1Formerly Professor, Department of Anthropology, Gauhati University, Guwahati, Assam, India
2Post Doctoral Fellow (ICSSR), Department of Anthropology, Cotton University, Guwahati, Assam, India, bimlasunar@gmail.com
*Corresponding author email id: profbirinchimedhi@rediffmail.com
Online published on 23 January, 2019.
Crisis rites are invariably associated with some stages of life of an individual all over the world, principally related to birth, marriage and death, among which the human populations are careful to perform the mortuary rituals, because from the day of our nomad hunter forefathers till to the present day people fear and revere dead than the living.
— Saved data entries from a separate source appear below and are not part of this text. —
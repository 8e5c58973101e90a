-- ===== src/Master/Monitor.antt =====
-- The loops of master_run in src/master.c that start the workers and start them again.
use nx_lite.Base.{
  ℕ, ◌+◌, ◌<◌, ◌≡◌, refl, sym, ◌∙◌, subst, ◌≢◌, true, false, not, ◌&&◌, ◌||◌, Option, none, some,
  List, [], ◌∷◌, ◌++◌, arith, length, get_or, get_or-set_self, get_or-set_ne, All, ◌==◌,
  if◌then◌else◌, ℕ_discrete,
}
use nx_lite.Master.{
  Master, refill, handle_child_signal, reaped, Fork, fork_into, restart_missing, Second, monitor,
}
use nx_lite.Master.Reap.{
  slot, IsSame, IsSame-trans, refill-IsSame, handle_child_signal-IsSame, handle_child_signal-slot,
  reap-calls,
}

pub fork_into-IsSame : (i : ℕ) (f : Fork) (m : Master) → IsSame m (fork_into i f m)
unfolding fork_into
fork_into-IsSame i f m =
    IsSame-trans (handle_child_signal-IsSame f.exits m)
      (refill-IsSame i f.pid (handle_child_signal f.exits m))

refill-slot :
    (i j : ℕ) (forked : Option ℕ) (m : Master) → i ≢ j → slot (refill i forked m) j ≡ slot m j
refill-slot i j none m h = refl
refill-slot i j (some pid) m h = get_or-set_ne m.worker_pids i j pid 0 h

-- No handler that runs while a worker is forked learns of the end of the process.
abbrev pub Spares : ℕ → Fork → Type 0
Spares pid f = All (λ e. e.0 ≢ pid) f.exits

fork_into-slot :
    (i j : ℕ) (f : Fork) (m : Master)
    → i ≢ j
    → Spares (slot m j) f
    → slot (fork_into i f m) j ≡ slot m j
unfolding fork_into
fork_into-slot i j f m ne spares =
    refill-slot i j f.pid (handle_child_signal f.exits m) ne
    ∙ handle_child_signal-slot f.exits m j spares

-- One step of a pass that looks for slots without a process.
abbrev pub restart_slot : ℕ → Fork → Master → Master
restart_slot i f m = if get_or m.worker_pids i 0 == 0 then fork_into i f m else m

restart_slot-slot :
    (i j : ℕ) (f : Fork) (m : Master)
    → 0 < slot m j
    → Spares (slot m j) f
    → slot (restart_slot i f m) j ≡ slot m j
restart_slot-slot i j f m taken spares = elim (ℕ_discrete i j) [
  | yes e ↦ let busy : (slot m i == 0) ≡ false = rw e (ground (arith, taken)) in simp (busy) refl
  | no ne ↦ elim (slot m i == 0) as (λ b. slot (if b then fork_into i f m else m) j ≡ slot m j) [
    | true ↦ fork_into-slot i j f m ne spares
    | false ↦ refl
  ]
]

restart_missing-slot :
    (i j : ℕ) (fs : List Fork) (m : Master)
    → 0 < slot m j
    → All (Spares (slot m j)) fs
    → slot (restart_missing i fs m) j ≡ slot m j
unfolding restart_missing
restart_missing-slot i j [] m taken spares = refl
restart_missing-slot i j (f ∷ fs) m taken spares =
    let same = restart_slot-slot i j f m taken spares.0 in
    restart_missing-slot (i + 1) j fs (restart_slot i f m) (rw same taken)
      (subst (λ p. All (Spares p) fs) (sym same) spares.1)
    ∙ same

abbrev pub SecondSpares : ℕ → Second → Type 0
SecondSpares pid s = All (λ e. e.0 ≢ pid) s.exits × All (Spares pid) s.forks

-- What a second of the loop leaves behind.
abbrev pub after_second : Second → Master → Master
after_second s m = restart_missing 0 s.forks (record (handle_child_signal s.exits m) {
  shutdown_requested = m.shutdown_requested || s.requested;
})

monitor-slot :
    (seconds : List Second) (j : ℕ) (m : Master)
    → 0 < slot m j
    → All (SecondSpares (slot m j)) seconds
    → slot (monitor seconds m) j ≡ slot m j
unfolding monitor
monitor-slot [] j m taken spares = refl
monitor-slot (s ∷ seconds) j m taken spares =
    elim (m.is_running && not m.shutdown_requested)
      as (λ b.
        slot (elim b [ false ↦ m | true ↦ monitor seconds (after_second s m) ]) j ≡ slot m j) [
          | false ↦ refl
          | true ↦
              let slept : Master = record (handle_child_signal s.exits m) {
                shutdown_requested = m.shutdown_requested || s.requested;
              } in
              let kept : slot slept j ≡ slot m j =
                handle_child_signal-slot s.exits m j spares.0.0 in
              let same : slot (after_second s m) j ≡ slot m j =
                restart_missing-slot 0 j s.forks slept (rw kept taken)
                  (subst (λ p. All (Spares p) s.forks) (sym kept) spares.0.1)
                ∙ kept in
              monitor-slot seconds j (after_second s m) (rw same taken)
                (subst (λ p. All (SecondSpares p) seconds) (sym same) spares.1)
              ∙ same
        ]

-- A worker that ends before the master has stored its process number is lost: the handler has reaped
-- the process, the number is stored after that, and the slot keeps it and gets no other worker for as
-- long as the master runs and no other process has the same number.
pub lost_child :
    (i pid : ℕ) (forked : Option ℕ) (m : Master) (seconds : List Second)
    → i < length m.worker_pids
    → 0 < pid
    → All (SecondSpares pid) seconds
    → ((fork_into i (record { pid = some pid; exits = (pid, forked) ∷ [] }) m).calls
        ≡ m.calls ++ reaped pid ∷ [])
      × (slot
            (monitor seconds
              (fork_into i (record { pid = some pid; exits = (pid, forked) ∷ [] }) m))
            i
          ≡ pid)
lost_child i pid forked m seconds below positive spares =
    let signalled : Master = handle_child_signal ((pid, forked) ∷ []) m in
    let f : Fork = record { pid = some pid; exits = (pid, forked) ∷ [] } in
    let stored : slot (fork_into i f m) i ≡ pid =
      unfold fork_into in
      get_or-set_self signalled.worker_pids i pid 0 (
        subst (λ n. i < n) (sym (handle_child_signal-IsSame ((pid, forked) ∷ []) m).worker_count)
          below) in
    (
      unfold fork_into in unfold handle_child_signal in reap-calls pid forked m,
      monitor-slot seconds i (fork_into i f m) (rw stored positive)
            (subst (λ p. All (SecondSpares p) seconds) (sym stored) spares)
          ∙ stored,
    )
All the crisis rites observed by a community have integral relation to the supernatural world; however, death has very close and direct relation to it, and therefore, through the mortuary rite people generally propitiate the supernatural along with the souls of the deceased persons. The Karbis also observe different mortuary rites to refrain the soul of the deceased persons from harming the family and clan members, and also for the peace and prosperity of the fellow members. The Karbi is a scheduled tribe of Assam, distributed both in the hills and plains of Assam and Meghalaya. Pristine religion of this tribe is animism; however, many of them have adopted non-traditional religion and all the sections of the Karbi, the animists Hindu, Hinduised and the Christian Karbis, inclination towards the performance of Chomangkan, the most elaborate and expensive mortuary rite of the tribe. It deserves mention that they observe some mortuary rites in different time and levels integral to a death, among which Chomangkan knits a good number of kith and kins, co-villagers, people from neighbouring villages and well-wishers through its extensive matrix.